Hoping I might offer this generous and thoughtful man a reward for his kind act, I went downstairs to ask security myself if he had perhaps left a card or contact details.

He had not.

I was unable to offer my thanks directly.

But I am very grateful.




August 5, 2010

A Curious Sweat Shop

I was recently lured out of the Lab to attend a local wine event that promised fine wines, vintage cars, diamond jewelry and an ex-Miss Hong Kong.

This seemed to be all the necessary ingredients for a quintessential Far East wine outing.

The invitation failed to mention that the event would be held in a garage in Kwun Tong, an industrial section of Kowloon, and that the temperature inside would be well over 90° F (32+ °C) even at 9 o'clock at night. Also not detailed on the invitation was the reality that the last bottle of white wine would be already half gone when we arrived. Or that the ex-Miss Hong Kong was actually an ex-Miss Canada. Or someone claiming to be an ex-Miss Canada. I searched "Miss Canada" on Google and fruitlessly scrolled through 20 pages of images in failed hopes I might find her.

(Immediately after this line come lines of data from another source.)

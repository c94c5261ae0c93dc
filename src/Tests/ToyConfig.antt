-- ===== src/Tests/ToyConfig.antt =====
-- A configuration with one mirror that leaves most to the defaults.
use umleitung.Base.{◌≡◌, refl, false, true, none, [], ◌∷◌}
use umleitung.Base.Text.{Text, codes, pos, join, ◌==◌}
use umleitung.Config.{Config, Mirror, RawEndpoint, RawMirror, RawConfig, absent}
use umleitung.Config.Paths.{clean, join_path, clean_all, clean_step, elements}
use umleitung.Config.Defaults.{
  default_str, default_int, default_bool, opt_string, lower_word, is_log_level, is_seed_mode,
  name_matches, is_replacement, is_keyword_char,
}
use umleitung.Config.Endpoints.{resolve_endpoint}
use umleitung.Config.Resolve.{
  mirror_of, head_of, head_faults, resolve, valid, scan_mirrors, mirror_faults, name_faults,
  where_of, setting_faults, path_owner,
}
use umleitung.Base.{Option}

abbrev pub no_file : Text → Option Text
no_file path = none

abbrev raw_endpoint : Text → RawEndpoint
raw_endpoint host = record {
  host = host;
  port = pos 0;
  user = codes "me";
  password = codes "secret";
  password_file = [];
  folder = [];
  inbox = [];
  tls = none;
}

abbrev raw_mirror : RawMirror
raw_mirror = record {
  name = codes "mail";
  state_path = [];
  poll_interval = pos 0;
  idle_reset = pos 0;
  uid_batch = pos 0;
  seed = [];
  dest_guard = none;
  carry_seen = none;
  source = raw_endpoint (codes "a");
  dest = raw_endpoint (codes "b");
  archive = record { enabled = true; folder = [] };
  sent = record { enabled = false; folder = []; source_folder = [] };
  labels = record {
    enabled = true;
    propagate = false;
    exclude = [];
    keyword_prefix = codes "$label:";
    keyword_replacement = [];
  };
}

abbrev pub raw_config : RawConfig
raw_config = record {
  health_addr = absent;
  log_level = [];
  state_dir = [];
  lock_path = [];
  mirrors = raw_mirror ∷ [];
}

abbrev pub mirror : Mirror
mirror = mirror_of no_file (codes "/state") raw_mirror

abbrev pub config : Config
config = record (head_of raw_config) { mirrors = mirror ∷ [] }

pub config-valid : resolve no_file raw_config ≡ valid config
unfolding resolve scan_mirrors mirror_faults mirror_of name_faults where_of setting_faults head_of
    head_faults path_owner default_str default_int default_bool opt_string lower_word is_log_level
    is_seed_mode name_matches is_replacement is_keyword_char resolve_endpoint clean join_path
    clean_all clean_step elements join ◌==◌
config-valid = refl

Curious editorial aside: the search did return a picture of Robert Redford, one of an alpaca and this shot of a scary looking dude who would seem, at a glance, to have little to do with Miss Canada.

The part about the vintage cars was as advertised.

If I were a practitioner of understatement, I would say it was a curious event.

It was at least that.

The diamond jewelry was provided by a man who practices an orthodox formulation of Judaism, so roughly 1/3 of the sweat-drenched crowd wore yarmulkes. I'm sure it was the heat in the garage, but I had flashes back to my childhood when my buddy Howard Goldstein was bar mitzvah'd on a scorching July day in Arizona.

Another third of the crowd seemed to be photographers; the alleged ex-Miss Canada must have a sensational publicist to get a throng of paparazzi out in the late night Kowloon swelter.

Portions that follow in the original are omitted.